**What you will do:** Retyping each entry exactly is the whole task.
---- Exercise materials
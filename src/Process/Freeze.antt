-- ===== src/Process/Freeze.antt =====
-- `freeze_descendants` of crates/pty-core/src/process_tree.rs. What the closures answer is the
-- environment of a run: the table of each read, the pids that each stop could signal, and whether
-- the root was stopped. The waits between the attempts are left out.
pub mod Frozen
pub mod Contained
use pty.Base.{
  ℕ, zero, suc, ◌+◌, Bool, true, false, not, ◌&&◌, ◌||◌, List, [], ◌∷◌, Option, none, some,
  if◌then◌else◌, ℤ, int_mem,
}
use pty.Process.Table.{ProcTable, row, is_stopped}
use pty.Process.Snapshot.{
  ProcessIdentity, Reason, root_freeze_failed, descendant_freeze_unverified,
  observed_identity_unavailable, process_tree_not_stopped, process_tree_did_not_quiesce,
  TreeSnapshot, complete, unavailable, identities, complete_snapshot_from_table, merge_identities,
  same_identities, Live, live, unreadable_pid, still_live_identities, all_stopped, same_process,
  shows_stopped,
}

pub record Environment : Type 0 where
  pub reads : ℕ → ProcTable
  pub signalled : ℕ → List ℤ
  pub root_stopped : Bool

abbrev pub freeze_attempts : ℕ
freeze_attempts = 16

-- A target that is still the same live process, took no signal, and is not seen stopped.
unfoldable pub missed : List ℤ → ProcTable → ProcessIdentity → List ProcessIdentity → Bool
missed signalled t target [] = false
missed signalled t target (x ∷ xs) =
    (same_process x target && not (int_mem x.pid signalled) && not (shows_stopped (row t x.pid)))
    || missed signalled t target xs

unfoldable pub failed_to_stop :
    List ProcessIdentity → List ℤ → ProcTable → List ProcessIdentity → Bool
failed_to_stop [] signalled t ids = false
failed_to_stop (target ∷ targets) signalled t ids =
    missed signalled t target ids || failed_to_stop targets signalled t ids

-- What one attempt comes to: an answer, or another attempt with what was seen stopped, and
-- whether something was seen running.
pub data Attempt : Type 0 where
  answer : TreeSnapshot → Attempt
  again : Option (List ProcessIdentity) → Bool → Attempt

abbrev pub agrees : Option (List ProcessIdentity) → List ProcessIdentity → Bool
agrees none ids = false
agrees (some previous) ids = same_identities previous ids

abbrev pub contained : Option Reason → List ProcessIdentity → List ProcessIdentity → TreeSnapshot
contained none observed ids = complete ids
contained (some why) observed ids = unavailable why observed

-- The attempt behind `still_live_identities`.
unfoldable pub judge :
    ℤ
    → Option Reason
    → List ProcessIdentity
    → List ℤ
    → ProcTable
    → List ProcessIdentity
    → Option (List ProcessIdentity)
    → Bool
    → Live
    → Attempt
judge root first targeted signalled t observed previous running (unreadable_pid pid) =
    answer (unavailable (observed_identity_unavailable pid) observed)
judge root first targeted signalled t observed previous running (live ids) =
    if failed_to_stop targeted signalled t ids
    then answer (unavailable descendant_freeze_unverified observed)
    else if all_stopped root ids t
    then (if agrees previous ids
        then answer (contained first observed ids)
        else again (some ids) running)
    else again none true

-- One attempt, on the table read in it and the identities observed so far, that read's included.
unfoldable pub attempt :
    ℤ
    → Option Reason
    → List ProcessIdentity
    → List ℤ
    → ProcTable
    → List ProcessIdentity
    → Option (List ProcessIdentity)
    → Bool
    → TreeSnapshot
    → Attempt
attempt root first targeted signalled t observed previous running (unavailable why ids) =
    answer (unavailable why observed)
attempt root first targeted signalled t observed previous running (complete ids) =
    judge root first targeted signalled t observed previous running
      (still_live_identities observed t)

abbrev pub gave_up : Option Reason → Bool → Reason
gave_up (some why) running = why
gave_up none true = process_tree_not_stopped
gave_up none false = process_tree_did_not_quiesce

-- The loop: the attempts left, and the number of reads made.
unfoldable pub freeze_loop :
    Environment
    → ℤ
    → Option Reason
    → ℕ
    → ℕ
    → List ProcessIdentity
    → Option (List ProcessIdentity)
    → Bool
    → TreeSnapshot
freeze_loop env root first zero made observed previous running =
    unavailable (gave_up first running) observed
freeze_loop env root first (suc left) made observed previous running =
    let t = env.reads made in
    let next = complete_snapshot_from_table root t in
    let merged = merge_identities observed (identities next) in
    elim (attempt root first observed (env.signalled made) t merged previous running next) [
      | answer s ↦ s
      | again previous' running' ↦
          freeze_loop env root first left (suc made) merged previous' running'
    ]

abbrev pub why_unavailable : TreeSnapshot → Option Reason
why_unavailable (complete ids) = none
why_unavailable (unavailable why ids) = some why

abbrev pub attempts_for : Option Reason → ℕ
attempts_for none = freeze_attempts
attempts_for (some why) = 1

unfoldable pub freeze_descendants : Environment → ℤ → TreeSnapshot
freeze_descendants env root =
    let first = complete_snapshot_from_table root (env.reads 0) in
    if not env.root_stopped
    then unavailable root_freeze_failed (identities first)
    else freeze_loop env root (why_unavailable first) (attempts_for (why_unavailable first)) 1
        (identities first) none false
--------
**Solution:**
filename src/Process/Freeze.antt
-- ===== src/Process/Freeze.antt =====
-- `freeze_descendants` of crates/pty-core/src/process_tree.rs. What the closures answer is the
-- environment of a run: the table of each read, the pids that each stop could signal, and whether
-- the root was stopped. The waits between the attempts are left out.
pub mod Frozen
pub mod Contained
use pty.Base.{
  ℕ, zero, suc, ◌+◌, Bool, true, false, not, ◌&&◌, ◌||◌, List, [], ◌∷◌, Option, none, some,
  if◌then◌else◌, ℤ, int_mem,
}
use pty.Process.Table.{ProcTable, row, is_stopped}
use pty.Process.Snapshot.{
  ProcessIdentity, Reason, root_freeze_failed, descendant_freeze_unverified,
  observed_identity_unavailable, process_tree_not_stopped, process_tree_did_not_quiesce,
  TreeSnapshot, complete, unavailable, identities, complete_snapshot_from_table, merge_identities,
  same_identities, Live, live, unreadable_pid, still_live_identities, all_stopped, same_process,
  shows_stopped,
}

pub record Environment : Type 0 where
  pub reads : ℕ → ProcTable
  pub signalled : ℕ → List ℤ
  pub root_stopped : Bool

abbrev pub freeze_attempts : ℕ
freeze_attempts = 16

-- A target that is still the same live process, took no signal, and is not seen stopped.
unfoldable pub missed : List ℤ → ProcTable → ProcessIdentity → List ProcessIdentity → Bool
missed signalled t target [] = false
missed signalled t target (x ∷ xs) =
    (same_process x target && not (int_mem x.pid signalled) && not (shows_stopped (row t x.pid)))
    || missed signalled t target xs

unfoldable pub failed_to_stop :
    List ProcessIdentity → List ℤ → ProcTable → List ProcessIdentity → Bool
failed_to_stop [] signalled t ids = false
failed_to_stop (target ∷ targets) signalled t ids =
    missed signalled t target ids || failed_to_stop targets signalled t ids

-- What one attempt comes to: an answer, or another attempt with what was seen stopped, and
-- whether something was seen running.
pub data Attempt : Type 0 where
  answer : TreeSnapshot → Attempt
  again : Option (List ProcessIdentity) → Bool → Attempt

abbrev pub agrees : Option (List ProcessIdentity) → List ProcessIdentity → Bool
agrees none ids = false
agrees (some previous) ids = same_identities previous ids

abbrev pub contained : Option Reason → List ProcessIdentity → List ProcessIdentity → TreeSnapshot
contained none observed ids = complete ids
contained (some why) observed ids = unavailable why observed

-- The attempt behind `still_live_identities`.
unfoldable pub judge :
    ℤ
    → Option Reason
    → List ProcessIdentity
    → List ℤ
    → ProcTable
    → List ProcessIdentity
    → Option (List ProcessIdentity)
    → Bool
    → Live
    → Attempt
judge root first targeted signalled t observed previous running (unreadable_pid pid) =
    answer (unavailable (observed_identity_unavailable pid) observed)
judge root first targeted signalled t observed previous running (live ids) =
    if failed_to_stop targeted signalled t ids
    then answer (unavailable descendant_freeze_unverified observed)
    else if all_stopped root ids t
    then (if agrees previous ids
        then answer (contained first observed ids)
        else again (some ids) running)
    else again none true

-- One attempt, on the table read in it and the identities observed so far, that read's included.
unfoldable pub attempt :
    ℤ
    → Option Reason
    → List ProcessIdentity
    → List ℤ
    → ProcTable
    → List ProcessIdentity
    → Option (List ProcessIdentity)
    → Bool
    → TreeSnapshot
    → Attempt
attempt root first targeted signalled t observed previous running (unavailable why ids) =
    answer (unavailable why observed)
attempt root first targeted signalled t observed previous running (complete ids) =
    judge root first targeted signalled t observed previous running
      (still_live_identities observed t)

abbrev pub gave_up : Option Reason → Bool → Reason
gave_up (some why) running = why
gave_up none true = process_tree_not_stopped
gave_up none false = process_tree_did_not_quiesce

-- The loop: the attempts left, and the number of reads made.
unfoldable pub freeze_loop :
    Environment
    → ℤ
    → Option Reason
    → ℕ
    → ℕ
    → List ProcessIdentity
    → Option (List ProcessIdentity)
    → Bool
    → TreeSnapshot
freeze_loop env root first zero made observed previous running =
    unavailable (gave_up first running) observed
freeze_loop env root first (suc left) made observed previous running =
    let t = env.reads made in
    let next = complete_snapshot_from_table root t in
    let merged = merge_identities observed (identities next) in
    elim (attempt root first observed (env.signalled made) t merged previous running next) [
      | answer s ↦ s
      | again previous' running' ↦
          freeze_loop env root first left (suc made) merged previous' running'
    ]

abbrev pub why_unavailable : TreeSnapshot → Option Reason
why_unavailable (complete ids) = none
why_unavailable (unavailable why ids) = some why

abbrev pub attempts_for : Option Reason → ℕ
attempts_for none = freeze_attempts
attempts_for (some why) = 1

unfoldable pub freeze_descendants : Environment → ℤ → TreeSnapshot
freeze_descendants env root =
    let first = complete_snapshot_from_table root (env.reads 0) in
    if not env.root_stopped
    then unavailable root_freeze_failed (identities first)
    else freeze_loop env root (why_unavailable first) (attempts_for (why_unavailable first)) 1
        (identities first) none false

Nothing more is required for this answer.